Old Pulteney is distilled and aged in Wick (Pulteneytown, to be precise, the area of Wick built as a ‘new town’ by Thomas Telford for the British Fisheries Society in the 19th Century), and the basic 10-year-old dram is one of the great bargains of the whisky world, widely available at very reasonable prices.

The more esoteric Pulteney bottlings can be wonderful (and expensive), and the distillery itself is well worth a visit should you ever visit what is one of the most underrated, architecturally attractive and friendly towns in Scotland.

Ebenezer Place

Noudbijvoet CC BY 3.0

One whiff and suddenly, I’m back at the excellent Mackays Hotel in Wick, sited on what is officially the world’’s shortest street, the 6 foot nine inch Ebenezer Place. You can stay in a room which takes up its entire length.

Wolfburn is distilled in Wick’s rival for Caithnessian supremacy, Thurso, which for many decades was dominated by the nearby Dounreay nuclear plant, and has always for that reason been more developed and industrial than Wick. Also, Scrabster, with the ferry to Orkney, and John o’Groats are both nearby.

Wolfburn has retaken the honour of being the UK’s most northerly mainland whisky from Pulteney, having been revived in 2016 after closure and indeed erasure from the landscape for nigh on 160 years.

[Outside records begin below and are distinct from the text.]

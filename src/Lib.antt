-- ===== src/Lib.antt =====
-- A verification library for the Rust driver of the RDMA card (rust_driver/src): the logic between
-- the user's requests and the card's rings, as functions on explicit state.
--
-- The parts and how they interact. A write or a read of the user (lib.rs; Requests) gets the next
-- numbers of its queue pair, an operation context that the user waits on (op_ctx.rs; OpCtx), and
-- becomes a work descriptor (Device.Work, from device/types.rs). The scheduler cuts it into
-- segments that end at multiples of its size (split_descriptor in device/scheduler/mod.rs;
-- Device.Scheduler), queues them per queue pair and takes batches in turns
-- (device/scheduler/round_robin.rs; Device.Scheduler.RoundRobin), and writes them into a ring that
-- the card reads (device/ringbuf.rs; Ringbuf). Control requests go the same way through a ring of
-- their own, and a poller hands their answers to the contexts (lib.rs, ctrl_poller.rs; Control).
-- What the card reports of arriving packets goes through rings read in the other direction to the
-- checker (checker.rs; Checker), which keeps a window of the received packets of each message and
-- answers with acknowledgements, wake-ups and recovery. Requests stay in the retry map until they
-- are acknowledged (retry.rs; Retry). The card in software (device/software; Software) takes the
-- scheduler's segments in place of a ring, sends them as packets, and writes arriving packets to
-- registered memory. Sequence numbers are Types.Psn (types.rs), packet arithmetic is Utils
-- (utils.rs).
--
-- Which file models what (paths of the source are from rust_driver/src):
--   Types, Types/Psn       types.rs: Pmtu, QpType, PSN_MAX_WINDOW_SIZE and ThreeBytesStruct (Psn and
--                          Qpn): new, into_be, from_be, wrapping_add, wrapping_sub, wrapping_abs,
--                          larger_in_psn
--   Utils                  utils.rs: get_first_packet_max_length, calculate_packet_cnt, align_up,
--                          u8_slice_to_u64
--   Device, Device/Work, Device/Opcode, Device/Ctrl
--                          device/types.rs: errors, work descriptors, opcodes, control descriptors
--   Device/Scheduler       device/scheduler/mod.rs: cut_from_sgl, recalculate_psn, split_descriptor
--                          with its loop; Pieces is the specification of the segments, Turn one turn
--                          of the loop, Marks the first and last marks, Split and Packets the results
--   Device/Scheduler/RoundRobin
--                          device/scheduler/round_robin.rs: push and pop_batch; Valid is the
--                          invariant of the queue, Fifo and Runs the order, Fair the turns
--   Ringbuf                device/ringbuf.rs: the index helpers and Ringbuf::new; Writer, Reader and
--                          Poller are the three handles, Index the meaning of the indices, Channel a
--                          writer and the peer that shares the ring with it
--   Checker/Window         checker.rs: SlidingWindow; Order and Merge show what insert does, Cover
--                          which offsets it adds, Complete and Record when a window is complete
--   Checker/Contexts       checker.rs: RecvContext, PerQpContextMap, RecvContextMap
--   Checker/Handler        checker.rs: handle_check_event and what it calls
--   Retry                  retry.rs: RetryMap, psn_addr_offset, get_descritpor, check_timeout
--   Software/Message, Software/Payload, Software/Request
--                          device/software/types.rs: messages, payloads and element lists, requests
--                          and their opcodes; Payload/Bytes and Payload/Cut say which bytes cut takes
--   Software/Logic         device/software/logic.rs: send and the packets it makes, and the loop of
--                          device/scheduler/mod.rs that sends a batch; Packets is the specification of
--                          the packets, Boundary is about where they end, Wires, Rest and Send compare
--                          the code with it, Shape, Segment, Segments and Whole compare segments with
--                          the whole request, Asked reads the packets off the descriptor, Delivery
--                          brings them to the receiver's window
--   Software/Memory        device/software/logic.rs: update, validate_rkey and recv; Access says what a
--                          packet may write
--   OpCtx                  op_ctx.rs: the contexts of operations; Steps lets threads use one in any
--                          order, Waiting shows that a thread that waits is woken
--   Requests               lib.rs: write_or_read; device/types.rs: the builder of descriptors; qp.rs:
--                          the numbers of a queue pair; Numbers is about these, Reuse about the map of
--                          contexts
--   Control                lib.rs: do_ctrl_op, send_ctrl_desc; ctrl_poller.rs: what the poller does with
--                          an answer; Answer is the way to the card in software and back
--   Base                   machine words, Boolean tests, list lemmas, results, bit masks
--
-- Conventions. Numbers are natural numbers with the wrap-around of Rust's operators written out
-- where the code wraps; usize has 64 bits. A panic is `none`; an error is a value. What is not in
-- the repository is an argument: the registers of the card and the clock are lists of polls (the
-- reply and the elapsed time of each turn of a waiting loop), so that a loop is structural
-- recursion and a call that has not yet come to an end is `waiting`. The network agent of the card
-- in software is a function from what was sent to an error or none; payloads are the addresses
-- they are read from. In the channel the card does only what the ring's protocol lets it do: it
-- takes the slot at its tail while its head register differs from its tail; everything is shown
-- for every order of the two sides' steps. Maps are association lists, the ordered map of the
-- window a list in the order of its keys. Effects on other parts are lists.
--
-- Fuel. The loop of split_descriptor has as much fuel as the message has bytes, and one more; each
-- turn takes at least a byte, so that it does not run out, and the theorem on its result says that
-- there is one. The loop of cut_from_sgl has one turn more than the list has levels. The loop of
-- pop_batch runs on the number of free slots. The loop of send has as much fuel as the request has
-- bytes; each turn takes the packet size, which is positive.
--
-- Not modelled: memory mapping and buffers, the byte layout of descriptors (accessors made by a
-- macro), threads and channels, the rest of the objects behind the user's handles (lib.rs, qp.rs,
-- mr.rs, pd.rs), the work poller (work_poller.rs), packet building (responser.rs) and the headers
-- of device/software/packet.rs, the emulated and the hardware device, the basic NIC and the kernel
-- module in driver/.
pub mod Base
pub mod Types
pub mod Utils
pub mod Device
pub mod Ringbuf
pub mod Checker
pub mod Control
pub mod OpCtx
pub mod Requests
pub mod Retry
pub mod Software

Tasting notes Old Pulteney 10-year-Old

NOSE: It has all the aromas of a coastal town in summer: salt, ozone, old stone harbour b reakwaters drying in the sun.

MOUTH: It has a taste reminiscent of a windswept, dry, hot beach.

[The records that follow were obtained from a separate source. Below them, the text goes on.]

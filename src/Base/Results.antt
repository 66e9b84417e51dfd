-- ===== src/Base/Results.antt =====
-- `Result`, and the outcome of an operation that may go on waiting for the device.

pub data Result {ℓ κ} (A : Type ℓ) (E : Type κ) : Type (ℓ ⊔ κ) where
  ok : A → Result A E
  err : E → Result A E

infixl 5 ◌>>=◌
abbrev pub ◌>>=◌ {ℓ κ ι} :
    {A : Type ℓ} {B : Type κ} {E : Type ι} → Result A E → (A → Result B E) → Result B E
ok a >>= f = f a
err e >>= f = err e

-- What a call that polls the device has come to after the polls that were made: a value, an error,
-- or no answer yet.
pub data Outcome {ℓ κ} (A : Type ℓ) (E : Type κ) : Type (ℓ ⊔ κ) where
  done : A → Outcome A E
  failed : E → Outcome A E
  waiting : Outcome A E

FINISH and BREATHE: After the initial flavours it fades to an after taste finish of dark chocolate and a nettle-like astringency.

OVERALL: Pulteney is almost a style of whisky in its own right, similar to, if anything, Springbank and the other Campbelltown malts in its ascetic saltiness. It is, even at this basic level, one of the world’s great whiskies, terrible underrated and available cheaply for around £30.

Tasting notes Wolfburn Aurora

NOSE: First nasal whiff is all the pungent, burnt rubber aroma of an old fashioned chemist or dental surgery. Sulphur, and that’s probably to do with the casks used for ageing. A small, new distillery’s supply of oak will always be problematic, and working out the relationship between the spirit from the still and the oak that’s available can take, well, time.

MOUTH: It’s better in the mouth, with a slightly rusty, leaf mould taste, but with cinnamon and vanilla coming through strongly.

FINISH and BREATHE: Finish is burnt cork and stewed tea.

OVERALL: Wolfburn Aurora is a very young whisky indeed. Now, age is no guarantee of quality, and a brand-new distillery is understandably keen to get its product to market after that compulsory three-year wait in oak before a spirit can be called Scotch Whisky. So buying a bottle of Aurora for £44 or thereabouts is really about curiosity combined with geographical loyalty. Because to be frank, this is a whisky which needs more time in the wood.

NOTE:

Both of these whiskies were nosed and tasted at their bottled alcoholic strength, which is 40 per cent for Pulteney and 46 for Wolfburn. No added water, in other words. I think you can see which my choice would be. However, add some tablet and the Swilchies will doubtless be appeased by Wolfburn Aurora. Give it time. And maybe some ice cream.